Production SQL Cluster is unhealthy and/or performing slow.
search cancel

Production SQL Cluster is unhealthy and/or performing slow.

book

Article ID: 392918

calendar_today

Updated On:

Products

VMware vSphere ESXi

Issue/Introduction

Multiple VMs are offline or experiencing latency.  Storage connections appear to be healthy.  Receiving errors indicating that VMs are unable to migrate between hosts.  Error displayed indicating "Insufficient vSphere HA failover resources."  Logs show "no connection", "busy" and "NMP failed I/O error" against the LUNs.

Environment

vSphere 8.X

Cause

Memory exhaustion from the FPIN (Fabric Performance Impact Notifications) process.  May see the following in the vmkernel.log.

2025-03-07T11:42:01.755Z Wa(180) vmkwarning: cpu11:2097450)WARNING: Heap: 3645: Heap storageFPINHeap already at its maximum size.

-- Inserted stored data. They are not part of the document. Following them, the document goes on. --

-- ===== src/CommitmentTree/Root.antt =====
-- Lemmas on `CommitmentTree::root_at_depth` of incrementalmerkletree/src/frontier.rs.
use native.Mathlib.Nat.{mul-le-mul_right, div-eq_of_lt}
use incrementalmerkletree.Prelude.{
  ℕ, zero, suc, ◌+◌, ◌-◌, ◌*◌, ◌/◌, ◌^◌, ◌≤◌, ◌<◌, ◌≡◌, refl, arith, Option, some, none,
  if◌then◌else◌, ap, ap₂, sym, ◌∙◌, false, inl, inr, List, [], ◌∷◌, ltb, lt→ltb, le→ltb, ◌==◌,
  ◌>>=◌, >>=-some, pow_double, pow_pos, u8, subst, lt_or_le, div_pow_suc,
}
use incrementalmerkletree.Hashable.{Hashable, empty_root}
use incrementalmerkletree.Hashable.Node.{node, until, node_ext, node_empty}
use incrementalmerkletree.Frontier.Root.{on_path, step_left, step_right}
use incrementalmerkletree.CommitmentTree.{
  CommitmentTree, append, empty, padded, root, root_up, root_at_depth, empty_filler, fill,
  leaf_or_fill, leaf_or_fill,
}
use incrementalmerkletree.CommitmentTree.Holds.{Parents, Pair, Holds, empty-Holds, append-Holds}

half_le : (n l q : ℕ) → q * 2 ^ l ≤ n → q / 2 * 2 ^ suc l ≤ n
half_le n l q le = omega (
  arith,
  le,
  ap (λ (t : ℕ). q / 2 * t) (pow_double l),
  mul-le-mul_right {m = 2 * (q / 2)} {n = q} (2 ^ l) (omega arith),
)

module _ {ℓ} {H : Type ℓ} ⦃h : Hashable H⦄ where
  -- One round of the fold, with no nodes to fill in.
  root_up-none :
      (i j : ℕ) (r : H) (ps : List (Option H))
      → u8 (i + 1) ≡ j
      → root_up i r empty_filler (none ∷ ps)
        ≡ root_up j (h.combine j r (empty_root j)) empty_filler ps
  unfolding root_up empty_filler fill
  root_up-none i j r ps up = ap (λ j. root_up j (h.combine j r (empty_root j)) empty_filler ps) up

  root_up-some :
      (i j : ℕ) (r v : H) (ps : List (Option H))
      → u8 (i + 1) ≡ j
      → root_up i r empty_filler (some v ∷ ps) ≡ root_up j (h.combine j v r) empty_filler ps
  unfolding root_up
  root_up-some i j r v ps up = ap (λ j. root_up j (h.combine j v r) empty_filler ps) up

  empty_root-zero : empty_root 0 ≡ h.empty_leaf
  empty_root-zero = sym (node_empty 0 0)

module _ {ℓ} {H : Type ℓ} ⦃h : Hashable H⦄ (f : ℕ → H) (p : ℕ) where
  -- The fold over the parents climbs the path of position `p`.
  root_up-on_path :
      (k i : ℕ) (ps : List (Option H))
      → Parents f (suc i) (p / 2 ^ suc i) ps
      → suc i + k < 256
      → root_up i (on_path f p (suc i)) empty_filler (padded k ps) ≡ on_path f p (suc i + k)
  root_up-on_path zero i ps s room =
      let whole : suc i ≡ suc i + 0 = omega arith in unfold root_up in ap (on_path f p) whole
  root_up-on_path (suc k) i [] s room =
      root_up-none i (suc i) (on_path f p (suc i)) (padded k []) (omega arith)
      ∙ ap (λ r. root_up (suc i) r empty_filler (padded k []))
          (step_left f p (suc i) (omega (arith, s.0)))
      ∙ root_up-on_path k (suc i) [] (omega (arith, s.0, div_pow_suc p (suc i)), tt) (omega arith)
      ∙ ap (on_path f p) (omega arith)
  root_up-on_path (suc k) i (none ∷ ps) s room =
      root_up-none i (suc i) (on_path f p (suc i)) (padded k ps) (omega arith)
      ∙ ap (λ r. root_up (suc i) r empty_filler (padded k ps)) (step_left f p (suc i) s.0)
      ∙ root_up-on_path k (suc i) ps
          (subst (λ q. Parents f (suc (suc i)) q ps) (sym (div_pow_suc p (suc i))) s.1)
          (omega arith)
      ∙ ap (on_path f p) (omega arith)
  root_up-on_path (suc k) i (some v ∷ ps) s room =
      root_up-some i (suc i) (on_path f p (suc i)) v (padded k ps) (omega arith)
      ∙ ap (λ r. root_up (suc i) r empty_filler (padded k ps))
          (ap (λ w. h.combine (suc i) w (on_path f p (suc i))) s.1 ∙ step_right f p (suc i) s.0)
      ∙ root_up-on_path k (suc i) ps
          (subst (λ q. Parents f (suc (suc i)) q ps) (sym (div_pow_suc p (suc i))) s.2)
          (omega arith)
      ∙ ap (on_path f p) (omega arith)

module _ {ℓ} {H : Type ℓ} ⦃h : Hashable H⦄ (f : ℕ → H) where
  -- The first `n` leaves, and empty ones behind.
  abbrev pub first : ℕ → ℕ → H
  first n i = if ltb i n then f i else h.empty_leaf

  first_in : (n i : ℕ) → i < n → first n i ≡ f i
  first_in n i lt = rw (lt→ltb i n lt) refl

  first_out : (n i : ℕ) → n ≤ i → first n i ≡ h.empty_leaf
  first_out n i le = rw (le→ltb i n le) refl

  -- The leaves of the tree, hashed together.
  hash_leaves :
      (n : ℕ) (left right : Option H)
      → Pair f n left right
      → h.combine 0
          (leaf_or_fill left empty_filler).0
          (leaf_or_fill right (leaf_or_fill left empty_filler).1).0
        ≡ node (first n) 1 ((n - 1) / 2)
  unfolding fill empty_filler
  hash_leaves n none none pair =
      ap₂ (h.combine 0) (empty_root-zero ∙ sym (first_out n _ (omega (arith, pair.0))))
        (empty_root-zero ∙ sym (first_out n _ (omega (arith, pair.0))))
  hash_leaves n none (some b) pair = absurd (omega (arith, pair.0))
  hash_leaves n (some a) none pair =
      ap₂ (h.combine 0)
        (pair.1
          ∙ ap f (omega (arith, pair.0))
          ∙ sym (first_in n (2 * ((n - 1) / 2)) (omega (arith, pair.0))))
        (empty_root-zero ∙ sym (first_out n _ (omega (arith, pair.0))))
  hash_leaves n (some a) (some b) pair =
      ap₂ (h.combine 0)
        (pair.2
          ∙ ap f (omega (arith, pair.0, pair.1))
          ∙ sym (first_in n (2 * ((n - 1) / 2)) (omega (arith, pair.0, pair.1))))
        (pair.3
          ∙ ap f (omega (arith, pair.0, pair.1))
          ∙ sym (first_in n (2 * ((n - 1) / 2) + 1) (omega (arith, pair.0, pair.1))))

  filler_kept :
      (left right : Option H)
      → (leaf_or_fill right (leaf_or_fill left empty_filler).1).1 ≡ empty_filler
  unfolding fill empty_filler
  filler_kept none none = refl
  filler_kept none (some b) = refl
  filler_kept (some a) none = refl
  filler_kept (some a) (some b) = refl

  -- Only the first `n` leaves matter to the parents.
  Parents-first :
      (n l q : ℕ) (ps : List (Option H))
      → q * 2 ^ l ≤ n
      → Parents f l q ps
      → Parents (first n) l q ps
  Parents-first n l q [] le s = s
  Parents-first n l q (none ∷ ps) le s =
      (s.0, Parents-first n (suc l) (q / 2) ps (half_le n l q le) s.1)
  Parents-first n l q (some v ∷ ps) le s =
      let whole : q - 1 + 1 ≡ q = omega (arith, s.0) in
      (
        s.0,
        s.1
            ∙ node_ext f (first n) l (q - 1) (λ j lo hi.
              sym (first_in n j (omega (arith, le, ap (λ (t : ℕ). t * 2 ^ l) whole)))),
        Parents-first n (suc l) (q / 2) ps (half_le n l q le) s.2,
      )

  until-first : (n k i : ℕ) → node (until (n - 1) (first n)) k i ≡ node (first n) k i
  until-first n k i = node_ext (until (n - 1) (first n)) (first n) k i (λ j lo hi.
      elim (lt_or_le (n - 1) j) [
        | inl lt ↦ rw (lt→ltb (n - 1) j lt) (sym (first_out n j (omega arith)))
        | inr le ↦ rw (le→ltb (n - 1) j le) refl
      ])

  -- The root of a tree that holds `n` leaves.
  pub root-Holds :
      (depth n : ℕ) (t : CommitmentTree H)
      → 0 < depth
      → depth < 255
      → n ≤ 2 ^ depth
      → Holds f n t
      → root depth t ≡ some (node (first n) depth 0)
  unfolding root root_at_depth
  root-Holds depth n t pos room le s =
      let p = n - 1 in
      let above : (depth == 0) ≡ false = ground arith in
      let whole : suc 0 + (depth - 1) ≡ depth = omega arith in
      let climbed =
        root_up-on_path (first n) p (depth - 1) 0 t.parents
          (Parents-first n 1 (p / 2 ^ 1) t.parents (omega arith) s.1) (omega arith) in
      let held : p < 2 ^ depth = omega (arith, pow_pos depth) in
      rw above (
        ap some (
          ap₂ (λ r filler. root_up 0 r filler (padded (depth - 1) t.parents))
            (hash_leaves n t.left t.right s.0 ∙ sym (until-first n 1 (p / 2)))
            (filler_kept t.left t.right)
          ∙ climbed
          ∙ ap (on_path (first n) p) whole
          ∙ until-first n depth (p / 2 ^ depth)
          ∙ ap (node (first n) depth) (div-eq_of_lt held)))

  -- The tree after appending the first `n` leaves to the empty one.
  abbrev pub grown : ℕ → ℕ → Option (CommitmentTree H)
  grown depth zero = some empty
  grown depth (suc n) = grown depth n >>= λ t. append depth t (f n)

  grown-Holds :
      (depth n : ℕ)
      → 0 < depth
      → depth < 255
      → n ≤ 2 ^ depth
      → (t : CommitmentTree H) × (grown depth n ≡ some t) × Holds f n t
  grown-Holds depth zero pos room le = (empty, refl, empty-Holds f)
  grown-Holds depth (suc n) pos room le =
      let (t, e, s) = grown-Holds depth n pos room (omega arith) in
      elim (append-Holds f depth n t pos room (omega arith) s) [
        | inl (lt, (t', added, s')) ↦
            let next : n + 1 ≡ suc n = omega arith in
            (t', >>=-some e _ ∙ added, subst (λ k. Holds f k t') next s')
        | inr (full, refused) ↦ absurd (omega arith)
      ]

  -- For a depth from 1 to 254, appending up to 2^depth leaves one by one to the empty
  -- commitment tree never fails, and its root then is that of the complete tree over them,
  -- with empty leaves filling it up.
  pub root-grown :
      (depth n : ℕ)
      → 0 < depth
      → depth < 255
      → n ≤ 2 ^ depth
      → (grown depth n >>= root depth) ≡ some (node (first n) depth 0)
  root-grown depth n pos room le =
      let (t, e, s) = grown-Holds depth n pos room le in
      >>=-some e (root depth) ∙ root-Holds depth n t pos room le s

Cannot expand.
2025-03-07T11:42:01.755Z Wa(180) vmkwarning: cpu11:2097450)WARNING: StorageFPIN: 521: Failed to allocate memory.

Resolution

Disable FPIN (Fabric Performance Impact Notifications) which introduced a memory leak bug.  Setting this per the following KB will eliminate the memory leak.  Can also upgrade to 8.0U3 P05 for the fix.  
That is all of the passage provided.